From the jit code that generates assembly tied to a specific architecture and register allocation, plus the code generation process encoded as a preprocessor step instead of a library I can only deduce that optimizations aren't the focus of this work. But I may be wrong! Perhaps the preprocessor is syntactic sugar over a library that build the code representation as a data structure and there are ways to programmatically manipulate this data structure to implement optimizations. Looking forward for a further article with more details!

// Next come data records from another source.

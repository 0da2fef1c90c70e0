-- ===== src/Types/Integral/Conversion.antt =====
-- project/graph/graph.cpp: a constant that fits a type is converted to it without a change of value.
use server_entry.Prelude.{
  ℕ, ◌+◌, ◌≡◌, refl, sym, ◌∙◌, ◌⊎◌, Bool, true, false, ◌%◌, leb, if◌then◌else◌, arith, inl, inr, ap,
}
use native.Mathlib.Nat.{mod-eq_of_lt}
use server_entry.Json.Integer.{ℤ, pos, negsuc, IsInt64}
use server_entry.Types.{
  BuiltinType, AbiConfiguration, AbiTarget, builtin_bit_width, builtin_is_signed, windows_x64,
  posix_x64, unknown_target, width_on, boolean, character, signed_character, unsigned_character,
  character_8, short_integer, unsigned_short_integer, character_16, integer, unsigned_integer,
  character_32, long_long_integer, unsigned_long_long_integer, floating, double_floating,
  long_double_floating, void_type, long_integer, unsigned_long_integer, wide_character,
}
use server_entry.Types.Integral.{
  IntegralConstant, signed_value, to_u64, sized, fits_integral, fits_signed, fits_unsigned,
  natural_fits, bit_mask, convert_integral, value_of,
}
use server_entry.Types.Integral.Enum.{accepted}
use server_entry.Types.Integral.Enum.Steps.{signed_value-IsInt64}
use server_entry.Types.Integral.Enum.First.{
  IsU64, fits-sized, fits-refused, fits-unsuitable, suitable,
}

-- The bits of a signed type of `w` bits, read back.
abbrev read_back : ℕ → ℕ → ℤ
read_back w n = signed_value w (n % (bit_mask w + 1))

abbrev KeepsSigned : ℕ → Type 0
KeepsSigned w = (z : ℤ) → IsInt64 z → fits_signed z w ≡ true → read_back w (to_u64 z) ≡ z

abbrev KeepsNatural : ℕ → Type 0
KeepsNatural w = (n : ℕ) → natural_fits n true w ≡ true → read_back w n ≡ pos n

signed8 : KeepsSigned 8
unfolding signed_value
signed8 (pos n) h q = ground arith
signed8 (negsuc n) h q = ground arith

natural8 : KeepsNatural 8
unfolding signed_value
natural8 n q = ground arith

signed16 : KeepsSigned 16
unfolding signed_value
signed16 (pos n) h q = ground arith
signed16 (negsuc n) h q = ground arith

natural16 : KeepsNatural 16
unfolding signed_value
natural16 n q = ground arith

signed32 : KeepsSigned 32
unfolding signed_value
signed32 (pos n) h q = ground arith
signed32 (negsuc n) h q = ground arith

natural32 : KeepsNatural 32
unfolding signed_value
natural32 n q = ground arith

signed64 : KeepsSigned 64
unfolding signed_value
signed64 (pos n) h q = ground arith
signed64 (negsuc n) h q = ground arith

natural64 : KeepsNatural 64
unfolding signed_value
natural64 n q = ground arith

abbrev Keeps : ℕ → Type 0
Keeps w = KeepsSigned w × KeepsNatural w

abbrev IsWidth : ℕ → Type 0
IsWidth w = ((w ≡ 8) ⊎ (w ≡ 16)) ⊎ ((w ≡ 32) ⊎ (w ≡ 64))

width-Keeps : (w : ℕ) → IsWidth w → Keeps w
width-Keeps w (inl (inl e)) = rw e (signed8, natural8)
width-Keeps w (inl (inr e)) = rw e (signed16, natural16)
width-Keeps w (inr (inl e)) = rw e (signed32, natural32)
width-Keeps w (inr (inr e)) = rw e (signed64, natural64)

long-IsWidth :
    (target : AbiTarget) → sized (width_on 32 64 target) ≡ true → IsWidth (width_on 32 64 target)
long-IsWidth windows_x64 h = inr (inl refl)
long-IsWidth posix_x64 h = inr (inr refl)
long-IsWidth (unknown_target n) h = absurd (ground arith)

wide-IsWidth :
    (target : AbiTarget) → sized (width_on 16 32 target) ≡ true → IsWidth (width_on 16 32 target)
wide-IsWidth windows_x64 h = inl (inr refl)
wide-IsWidth posix_x64 h = inr (inl refl)
wide-IsWidth (unknown_target n) h = absurd (ground arith)

suitable-IsWidth :
    (t : BuiltinType) (abi : AbiConfiguration)
    → suitable t abi ≡ true
    → IsWidth (builtin_bit_width t abi)
suitable-IsWidth boolean abi h = inl (inl refl)
suitable-IsWidth character abi h = inl (inl refl)
suitable-IsWidth signed_character abi h = inl (inl refl)
suitable-IsWidth unsigned_character abi h = inl (inl refl)
suitable-IsWidth character_8 abi h = inl (inl refl)
suitable-IsWidth short_integer abi h = inl (inr refl)
suitable-IsWidth unsigned_short_integer abi h = inl (inr refl)
suitable-IsWidth character_16 abi h = inl (inr refl)
suitable-IsWidth integer abi h = inr (inl refl)
suitable-IsWidth unsigned_integer abi h = inr (inl refl)
suitable-IsWidth character_32 abi h = inr (inl refl)
suitable-IsWidth long_long_integer abi h = inr (inr refl)
suitable-IsWidth unsigned_long_long_integer abi h = inr (inr refl)
suitable-IsWidth floating abi h = absurd (ground arith)
suitable-IsWidth double_floating abi h = absurd (ground arith)
suitable-IsWidth long_double_floating abi h = absurd (ground arith)
suitable-IsWidth void_type abi h = absurd (ground arith)
suitable-IsWidth long_integer abi h = long-IsWidth abi.target h
suitable-IsWidth unsigned_long_integer abi h = long-IsWidth abi.target h
suitable-IsWidth wide_character abi h = wide-IsWidth abi.target h

masked : (n m : ℕ) → leb n m ≡ true → n % (m + 1) ≡ n
masked n m h = mod-eq_of_lt (ground arith)

unsigned_back : (w : ℕ) (z : ℤ) → fits_unsigned z w ≡ true → pos (to_u64 z % (bit_mask w + 1)) ≡ z
unsigned_back w (pos n) h = ap pos (masked n (bit_mask w) (ground arith))
unsigned_back w (negsuc n) h = absurd (ground arith)

natural_back : (w n : ℕ) → natural_fits n false w ≡ true → pos (n % (bit_mask w + 1)) ≡ pos n
natural_back w n h = ap pos (masked n (bit_mask w) (ground arith))

kept :
    (a b : Bool) (w : ℕ) (z : ℤ) (n : ℕ)
    → Keeps w
    → IsInt64 z
    → (if a then (if b then fits_signed z w else fits_unsigned z w) else natural_fits n b w) ≡ true
    → (if b
        then read_back w (if a then to_u64 z else n)
        else pos ((if a then to_u64 z else n) % (bit_mask w + 1)))
      ≡ (if a then z else pos n)
kept true true w z n k p h = k.0 z p h
kept true false w z n k p h = unsigned_back w z h
kept false true w z n k p h = k.1 n h
kept false false w z n k p h = natural_back w n h

must : (b c : Bool) → (b ≡ false → c ≡ false) → c ≡ true → b ≡ true
must true c f h = refl
must false c f h = absurd (ground (arith, f refl))

-- The test of fits_integral is sound for convert_integral: the converted bits, read as a constant of the target type, are the number that the constant stood for.
pub value_of-convert_integral :
    (v : IntegralConstant) (t : BuiltinType) (abi : AbiConfiguration)
    → IsU64 v
    → fits_integral v t abi ≡ true
    → value_of (record { kind = t; bits = convert_integral v t abi }) abi ≡ value_of v abi
unfolding value_of convert_integral
value_of-convert_integral v t abi p h =
    let a = must (accepted v abi) _ (fits-refused v t abi) h in
    let s = must (suitable t abi) _ (fits-unsuitable v t abi) h in
    kept (builtin_is_signed v.kind abi) (builtin_is_signed t abi) (builtin_bit_width t abi)
      (signed_value (builtin_bit_width v.kind abi) v.bits) v.bits
      (width-Keeps (builtin_bit_width t abi) (suitable-IsWidth t abi s))
      (signed_value-IsInt64 (builtin_bit_width v.kind abi) v.bits p)
      (sym (fits-sized v t abi a s) ∙ h)
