-- ===== src/Types/Examples.antt =====
-- The theorems on integral constants at small ones.
use server_entry.Prelude.{◌≡◌, refl, List, [], ◌∷◌, true, arith}
use server_entry.Strings.{ok}
use server_entry.Types.{
  AbiConfiguration, posix_x64, windows_x64, character, short_integer, integer, unsigned_integer,
  long_long_integer,
}
use server_entry.Types.Integral.{
  IntegralConstant, fits_integral, convert_integral, value_of, signed_value,
}
use server_entry.Types.Integral.Conversion.{value_of-convert_integral}
use server_entry.Types.Integral.Enum.{
  select_unscoped_enum_underlying, scan, select_unscoped_enum_underlying_projected,
}
use server_entry.Types.Integral.Enum.First.{selected_first, first_fitting, candidates}

abbrev abi : AbiConfiguration
abi = record { target = posix_x64; pack = 8 }

-- The char -2, and 3000000000 as an unsigned int.
abbrev minus_two : IntegralConstant
minus_two = record { kind = character; bits = 254 }

abbrev three_milliard : IntegralConstant
three_milliard = record { kind = unsigned_integer; bits = 3000000000 }

abbrev values : List IntegralConstant
values = minus_two ∷ three_milliard ∷ []

selected_at_windows :
    select_unscoped_enum_underlying values (record { target = windows_x64; pack = 8 }) integer
    ≡ (long_long_integer, ok)
unfolding select_unscoped_enum_underlying select_unscoped_enum_underlying_projected scan
    signed_value
selected_at_windows = refl

selected_first_example :
    select_unscoped_enum_underlying values abi integer
    ≡ first_fitting (candidates posix_x64) values abi integer
selected_first_example = selected_first values abi integer refl (omega arith, (omega arith, _))

minus_two_fits : fits_integral minus_two short_integer abi ≡ true
unfolding fits_integral signed_value
minus_two_fits = refl

value_of-convert_integral_example :
    value_of
      (record { kind = short_integer; bits = convert_integral minus_two short_integer abi })
      abi
    ≡ value_of minus_two abi
value_of-convert_integral_example =
    value_of-convert_integral minus_two short_integer abi (omega arith) minus_two_fits
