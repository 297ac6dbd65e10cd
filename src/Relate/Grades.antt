-- ===== src/Relate/Grades.antt =====
-- packages/relationship-claims/src/assemble.ts, tier 6 of `assembleRelationshipClaims`: what each learned
-- rule gives.
use matchline.Base.{
  ◌≡◌, ◌≢◌, refl, sym, ◌∙◌, inl, inr, ℕ, suc, true, false, ◌++◌, List, [], ◌∷◌, Option, none, some,
  Text, text_eq, text_beq_iff, ◌==◌, Map, keys, includes, Bool-cases, append_assoc, append-nil,
  some_injective, subst,
}
use matchline.Relate.Types.{
  ClaimSubject, LearnedClaimInput, Grade, claim, proposal, ProfileSourceRef, AssembleOptions,
  SkipReason, unknown_child_asset, unknown_parent_asset, self_parent, SkippedClaimInput,
  NestingProposal,
}
use matchline.Relate.Assemble.{Assembly, checked, pair_fault, for_each}
use matchline.Relate.Tiers.{take_learned, graded}
use matchline.Relate.Output.{profile, with_learned}
use matchline.Domain.Claim.{SsmRelationshipClaim, structural_parent}
use matchline.Domain.Ladder.{learned_description}

-- A claim of the learned rung that the rule's parent is the parent of the rule's child.
pub record IsClaimOf (i : LearnedClaimInput) (c : SsmRelationshipClaim) : Type 0 where
  pub child : c.subject_asset_id ≡ i.child_asset_id
  pub parent : c.target_asset_id ≡ i.parent_asset_id
  pub kind : c.kind ≡ structural_parent
  pub rung : c.ladder_source ≡ learned_description

-- The proposal for review of the rule's pair, in the rule's words.
pub record IsProposalOf (i : LearnedClaimInput) (p : NestingProposal) : Type 0 where
  pub child : p.asset_id ≡ i.child_asset_id
  pub parent : p.proposed_parent_id ≡ i.parent_asset_id
  pub detail : p.rule_detail ≡ i.rule_detail
  pub confidence : p.confidence ≡ i.confidence

-- The skip of the rule's pair for a reason.
pub record IsSkipOf (i : LearnedClaimInput) (reason : SkipReason) (s : SkippedClaimInput)
    : Type 0 where
  pub rung : s.ladder_source ≡ learned_description
  pub why : s.reason ≡ reason
  pub child : s.child_ref ≡ i.child_asset_id
  pub parent : s.parent_ref ≡ some i.parent_asset_id

module _ (known : List Text) where
  -- The rule is about two different known assets.
  pub record IsUsable (i : LearnedClaimInput) : Type 0 where
    pub child_known : includes known i.child_asset_id ≡ true
    pub parent_known : includes known i.parent_asset_id ≡ true
    pub apart : i.child_asset_id ≢ i.parent_asset_id

  -- Why it is not: the child is asked for first, then the parent, then whether they are one asset.
  pub data Fails (i : LearnedClaimInput) : SkipReason → Type 0 where
    no_child : includes known i.child_asset_id ≡ false → Fails i unknown_child_asset
    no_parent :
        includes known i.child_asset_id ≡ true
        → includes known i.parent_asset_id ≡ false
        → Fails i unknown_parent_asset
    own_parent :
        includes known i.child_asset_id ≡ true
        → includes known i.parent_asset_id ≡ true
        → i.child_asset_id ≡ i.parent_asset_id
        → Fails i self_parent

  -- What the rules give, in their order: claims, proposals and skips.
  pub data Gives
      : List LearnedClaimInput
        → List SsmRelationshipClaim
        → List NestingProposal
        → List SkippedClaimInput
        → Type 0 where
    end_of_rules : Gives [] [] [] []
    by_claim :
        {i : LearnedClaimInput} {is : List LearnedClaimInput} {c : SsmRelationshipClaim}
        {cs : List SsmRelationshipClaim} {ps : List NestingProposal} {ss : List SkippedClaimInput}
        → IsUsable i
        → i.grade ≡ claim
        → IsClaimOf i c
        → Gives is cs ps ss
        → Gives (i ∷ is) (c ∷ cs) ps ss
    by_proposal :
        {i : LearnedClaimInput} {is : List LearnedClaimInput} {p : NestingProposal}
        {cs : List SsmRelationshipClaim} {ps : List NestingProposal} {ss : List SkippedClaimInput}
        → IsUsable i
        → i.grade ≡ proposal
        → IsProposalOf i p
        → Gives is cs ps ss
        → Gives (i ∷ is) cs (p ∷ ps) ss
    by_skip :
        {i : LearnedClaimInput} {is : List LearnedClaimInput} {s : SkippedClaimInput}
        {cs : List SsmRelationshipClaim} {ps : List NestingProposal} {ss : List SkippedClaimInput}
        {reason : SkipReason}
        → Fails i reason
        → IsSkipOf i reason s
        → Gives is cs ps ss
        → Gives (i ∷ is) cs ps (s ∷ ss)

  -- The second assembly has what the rules give behind what the first has, and all else is the same.
  pub record Adds (rules : List LearnedClaimInput) (a b : Assembly) : Type 0 where
    pub claims : List SsmRelationshipClaim
    pub proposals : List NestingProposal
    pub skips : List SkippedClaimInput
    pub given : Gives rules claims proposals skips
    pub structural_is : b.structural ≡ a.structural ++ claims
    pub proposals_is : b.proposals ≡ a.proposals ++ proposals
    pub skipped_is : b.skipped ≡ a.skipped ++ skips
    pub dependencies_is : b.dependencies ≡ a.dependencies
    pub make_root_is : b.make_root ≡ a.make_root

  IsUsable-of_none :
      (i : LearnedClaimInput)
      → pair_fault known i.child_asset_id i.parent_asset_id ≡ none
      → IsUsable i
  unfolding pair_fault
  IsUsable-of_none i e = elim (Bool-cases (includes known i.child_asset_id)) [
    | inr away ↦ let f : some unknown_child_asset ≡ none = rw away at e in cc
    | inl child_on ↦ elim (Bool-cases (includes known i.parent_asset_id)) [
      | inr away ↦ let f : some unknown_parent_asset ≡ none = rw (child_on, away) at e in cc
      | inl parent_on ↦ elim (Bool-cases (i.child_asset_id == i.parent_asset_id)) [
        | inl own ↦ let f : some self_parent ≡ none = rw (child_on, parent_on, own) at e in cc
        | inr two ↦ record {
          child_known = child_on;
          parent_known = parent_on;
          apart = λ s.
              let t : true ≡ false =
                (sym ((text_beq_iff i.child_asset_id i.parent_asset_id).1 s)) ∙ two in
              cc;
        }
      ]
    ]
  ]

  Fails-of_some :
      (i : LearnedClaimInput) (r : SkipReason)
      → pair_fault known i.child_asset_id i.parent_asset_id ≡ some r
      → Fails i r
  unfolding pair_fault
  Fails-of_some i r e = elim (Bool-cases (includes known i.child_asset_id)) [
    | inr away ↦ subst (Fails i) (some_injective (rw away at e)) (no_child away)
    | inl child_on ↦ elim (Bool-cases (includes known i.parent_asset_id)) [
      | inr away ↦
          subst (Fails i) (some_injective (rw (child_on, away) at e)) (no_parent child_on away)
      | inl parent_on ↦ elim (Bool-cases (i.child_asset_id == i.parent_asset_id)) [
        | inl own ↦ subst (Fails i) (some_injective (rw (child_on, parent_on, own) at e)) (
            own_parent child_on parent_on ((text_beq_iff i.child_asset_id i.parent_asset_id).0 own))
        | inr two ↦ let f : none ≡ some r = rw (child_on, parent_on, two) at e in cc
      ]
    ]
  ]

  module _ (source : ProfileSourceRef) where
    step-Adds :
        (n : ℕ) (i : LearnedClaimInput) (is : List LearnedClaimInput) (o : Option SkipReason)
        (g : Grade) (a : Assembly)
        → pair_fault known i.child_asset_id i.parent_asset_id ≡ o
        → i.grade ≡ g
        → ((b : Assembly) → Adds is b (for_each (take_learned known source) (suc n) is b))
        → Adds (i ∷ is) a (
            for_each (take_learned known source) (suc n) is (
              checked o learned_description i.child_asset_id i.parent_asset_id
                (graded known source n i g a)
                a))
    step-Adds n i is none claim a e grade on =
        let r = on (graded known source n i claim a) in
        record {
          claims = _ ∷ r.claims;
          proposals = r.proposals;
          skips = r.skips;
          given =
              by_claim (IsUsable-of_none i e) grade
                (record { child = refl; parent = refl; kind = refl; rung = refl }) r.given;
          structural_is = r.structural_is ∙ append_assoc a.structural (_ ∷ []) r.claims;
          proposals_is = r.proposals_is;
          skipped_is = r.skipped_is;
          dependencies_is = r.dependencies_is;
          make_root_is = r.make_root_is;
        }
    step-Adds n i is none proposal a e grade on =
        let r = on (graded known source n i proposal a) in
        record {
          claims = r.claims;
          proposals = _ ∷ r.proposals;
          skips = r.skips;
          given =
              by_proposal (IsUsable-of_none i e) grade
                (record { child = refl; parent = refl; detail = refl; confidence = refl }) r.given;
          structural_is = r.structural_is;
          proposals_is = r.proposals_is ∙ append_assoc a.proposals (_ ∷ []) r.proposals;
          skipped_is = r.skipped_is;
          dependencies_is = r.dependencies_is;
          make_root_is = r.make_root_is;
        }
    step-Adds n i is (some reason) g a e grade on =
        let r = on (
          checked (some reason) learned_description i.child_asset_id i.parent_asset_id
            (graded known source n i g a) a) in
        record {
          claims = r.claims;
          proposals = r.proposals;
          skips = _ ∷ r.skips;
          given =
              by_skip (Fails-of_some i reason e)
                (record { rung = refl; why = refl; child = refl; parent = refl }) r.given;
          structural_is = r.structural_is;
          proposals_is = r.proposals_is;
          skipped_is = r.skipped_is ∙ append_assoc a.skipped (_ ∷ []) r.skips;
          dependencies_is = r.dependencies_is;
          make_root_is = r.make_root_is;
        }

    all-Adds :
        (n : ℕ) (is : List LearnedClaimInput) (a : Assembly)
        → Adds is a (for_each (take_learned known source) n is a)
    unfolding take_learned
    all-Adds n [] a = record {
      claims = [];
      proposals = [];
      skips = [];
      given = end_of_rules;
      structural_is = sym (append-nil a.structural);
      proposals_is = sym (append-nil a.proposals);
      skipped_is = sym (append-nil a.skipped);
      dependencies_is = refl;
      make_root_is = refl;
    }
    all-Adds n (i ∷ is) a =
        step-Adds n i is (pair_fault known i.child_asset_id i.parent_asset_id) i.grade a refl refl
          (λ b. all-Adds (suc n) is b)

-- Each learned rule, in order, gives exactly one entry. A rule about two different known assets gives a
-- claim of the learned rung that its parent is the child's parent, if it has claim grade, and a proposal
-- for review of that pair, if it has proposal grade. Any other rule gives a skip that names the pair and
-- the first reason: the child is not known, the parent is not known, or they are one asset. These entries
-- follow what is there, and dependencies and root directives stay as they are.
pub with_learned-Adds :
    (by_id : Map Text ClaimSubject) (opts : AssembleOptions) (a : Assembly)
    → Adds (keys by_id) opts.learned a (with_learned by_id opts a)
with_learned-Adds by_id opts a = all-Adds (keys by_id) (profile by_id opts) 0 opts.learned a
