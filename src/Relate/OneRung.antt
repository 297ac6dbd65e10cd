-- ===== src/Relate/OneRung.antt =====
-- packages/relationship-claims/src/assemble.ts, `assembleRelationshipClaims`: one rung for each pair
-- of a family.
use matchline.Base.{
  ◌≡◌, ◌≢◌, sym, ap₂, ◌∙◌, inl, inr, List, [], Text, text_eq, Map, keys, values, includes, All,
  All-imp, All-sort, Bool-cases, Comparator, ltb, length,
}
use matchline.Domain.Ladder.{
  LadderSourceKind, manual, explicit_model, profile_lookup, flow_family, family_role,
  learned_description, prior_ssm,
}
use matchline.Domain.Claim.{SsmRelationshipClaim}
use matchline.Relate.Types.{ClaimSubject, AssembleOptions}
use matchline.Relate.Order.{compare_assembled}
use matchline.Relate.Assemble.{Assembly, pair_key, profile_lookup_table, prior_ssm_table}
use matchline.Relate.Tiers.{take_override, take_tags, take_learned}
use matchline.Relate.Family.{take_edge, group_families}
use matchline.Relate.Output.{
  dedupe_claims, claim_key, profile, role_rules, by_asset_id, with_overrides, stating, with_stated,
  with_lookup, with_edges, with_families, with_learned, with_prior, assembly_of, subjects_of,
  empty_assembly, assemble_relationship_claims, model_source_file_of,
}
use matchline.Relate.Pairs.{for_each-keeps}
use matchline.Relate.StatedClaims.{
  Holds, Allows, take_override-Holds, take_tags-Holds, take_learned-Holds, take_subject-Holds,
}
use matchline.Relate.Exclusive.{Before, After, take_edge-Before, take_families-After}
use matchline.Relate.Dedupe.{kept-All}

-- No pair is claimed on the flow rung and on the family rung.
abbrev pub AreExclusive : SsmRelationshipClaim → SsmRelationshipClaim → Type 0
AreExclusive c d =
    c.ladder_source ≡ flow_family
    → d.ladder_source ≡ family_role
    → c.subject_asset_id ≡ d.subject_asset_id
    → c.target_asset_id ≢ d.target_asset_id

After-AreExclusive :
    (pairs : List Text) (c d : SsmRelationshipClaim)
    → After pairs c
    → After pairs d
    → AreExclusive c d
After-AreExclusive pairs c d (i, _) (_, o) f r s t =
    cc (ap₂ (λ x y. includes pairs (pair_key x y)) s t, i f, o r)

After-of_Before : (pairs : List Text) (c : SsmRelationshipClaim) → Before pairs c → After pairs c
After-of_Before pairs c (i, n) = (i, λ e. absurd (n e))

other_rung-Before : (l : LadderSourceKind) → l ≢ flow_family → l ≢ family_role → Allows Before [] l
other_rung-Before l f r pairs c e = (λ g. absurd (f (sym e ∙ g)), λ g. r (sym e ∙ g))

other_rung-After : (l : LadderSourceKind) → l ≢ flow_family → l ≢ family_role → Allows After [] l
other_rung-After l f r pairs c e = After-of_Before pairs c (other_rung-Before l f r pairs c e)

module _ (by_id : Map Text ClaimSubject) (opts : AssembleOptions) where
  abbrev stated_stage : Assembly
  stated_stage =
      with_lookup by_id opts (with_stated by_id opts (with_overrides by_id opts empty_assembly))

  stated_stage-Before : Holds Before stated_stage
  stated_stage-Before =
      for_each-keeps (Holds Before)
        (take_tags (keys by_id) (profile by_id opts) opts.resolve_tag profile_lookup
          profile_lookup_table)
        (take_tags-Holds Before (keys by_id) (profile by_id opts) opts.resolve_tag profile_lookup
          profile_lookup_table (other_rung-Before profile_lookup (λ e. cc) (λ e. cc)))
        0 opts.profile_lookup (with_stated by_id opts (with_overrides by_id opts empty_assembly))
        (for_each-keeps (Holds Before) (stating by_id opts)
          (take_subject-Holds Before (keys by_id) (model_source_file_of opts.model_source_file)
            opts.resolve_tag (other_rung-Before explicit_model (λ e. cc) (λ e. cc)))
          0 (by_asset_id (values by_id)) (with_overrides by_id opts empty_assembly)
          (for_each-keeps (Holds Before) (take_override (keys by_id) (profile by_id opts))
            (take_override-Holds Before (keys by_id) (profile by_id opts)
              (other_rung-Before manual (λ e. cc) (λ e. cc)))
            0 opts.manual_overrides empty_assembly tt))

  edges_stage-After : Holds After (with_edges by_id opts stated_stage)
  edges_stage-After =
      All-imp {P = Before (with_edges by_id opts stated_stage).anchored_pairs}
        (After-of_Before (with_edges by_id opts stated_stage).anchored_pairs) _
        (for_each-keeps (Holds Before) (take_edge by_id (role_rules by_id opts))
          (take_edge-Before by_id (role_rules by_id opts)) 0 opts.flow_edges stated_stage
          stated_stage-Before)

  families-After : (a : Assembly) → Holds After a → Holds After (with_families by_id opts a)
  families-After a s = elim (Bool-cases (ltb 0 (length (role_rules by_id opts)))) [
    | inr untaught ↦ rw untaught s
    | inl taught ↦ rw taught (
        take_families-After (profile by_id opts) (role_rules by_id opts)
          (values (group_families [] (values by_id))) a s)
  ]

  learned-After : (a : Assembly) → Holds After a → Holds After (with_learned by_id opts a)
  learned-After =
      for_each-keeps (Holds After) (take_learned (keys by_id) (profile by_id opts))
        (take_learned-Holds After (keys by_id) (profile by_id opts)
          (other_rung-After learned_description (λ e. cc) (λ e. cc)))
        0 opts.learned

  prior-After : (a : Assembly) → Holds After a → Holds After (with_prior by_id opts a)
  prior-After =
      for_each-keeps (Holds After)
        (take_tags (keys by_id) (profile by_id opts) opts.resolve_tag prior_ssm prior_ssm_table)
        (take_tags-Holds After (keys by_id) (profile by_id opts) opts.resolve_tag prior_ssm
          prior_ssm_table (other_rung-After prior_ssm (λ e. cc) (λ e. cc)))
        0 opts.prior_ssm

  assembly-After : Holds After (assembly_of by_id opts)
  unfolding assembly_of
  assembly-After =
      prior-After
        (with_learned by_id opts (with_families by_id opts (with_edges by_id opts stated_stage)))
        (learned-After (with_families by_id opts (with_edges by_id opts stated_stage))
          (families-After (with_edges by_id opts stated_stage) edges_stage-After))

-- One piece of evidence is not counted as two rungs: no pair of assets is claimed both on the
-- flow-family rung, where an edge anchors it, and on the family-role rung.
pub assemble-AreExclusive :
    (by_confidence : Comparator Text) (subjects : List ClaimSubject) (opts : AssembleOptions)
    → All
        (λ c.
          All
            (AreExclusive c)
            (assemble_relationship_claims by_confidence subjects opts).structural)
        (assemble_relationship_claims by_confidence subjects opts).structural
unfolding assemble_relationship_claims dedupe_claims
assemble-AreExclusive by_confidence subjects opts =
    let pairs = (assembly_of (subjects_of subjects) opts).anchored_pairs in
    let all =
      kept-All claim_key (After pairs) [] _
        (All-sort compare_assembled (After pairs) _ (assembly-After (subjects_of subjects) opts)) in
    All-imp {P = After pairs}
      (λ c i. All-imp {P = After pairs} (λ d j. After-AreExclusive pairs c d i j) _ all) _ all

I'm not suggesting you necessarily use LLVM, but LLVM is the closest to a assembly generator library I am aware of. To the best of my knowledge, you'd have a harder time extracting the code generator of, for example, v8 as a standalone library.
It is true that this approach requires a separate code generator for every architecture. That is not the same as saying that "retargeting will be hard" (which makes it sound like DynASM somehow gets in your way).
Yes, as I said before, if you have a problem that maps cleanly onto LLVM and you don't mind the weight that LLVM brings along, by all means use it! But you shouldn't think of LLVM as an "assembly generator library." That implies that it is far more general-purpose than it actually is. DynASM is actually an assembly generator library. LLVM is an IR, a set of optimization passes for that IR, and a set of target-specific code generators for that IR. The key point is "for that IR."
DynASM is a tool that you can count on when no existing IR's like LLVM, .NET, etc. fit your needs. It's a lower-level tool -- LLVM could conceivably use DynASM to perform its own target-specific instruction encoding. DynASM is a small, focused tool that does one thing and does it well. LLVM is more of a toolbox that tries to get the 99% case right for its target audience. As a result, it represents a lot more compromises and changes in more fundamental ways over time (for example, it recently completely rewrote its register allocator).
> Perhaps the preprocessor is syntactic sugar over a library that build the code representation as a data structure and there are ways to programmatically manipulate this data structure to implement optimizations.
No, definitely not. The idea is that you perform optimizations before the code generation step. I didn't do this in the article because these were just simple "Hello, World" examples, but maybe I should write a follow-up article that illustrates how optimization fits into this framework.
You could probably very easily clean up the syntax for a C->x64 JIT without requiring (yech) a preprocessor.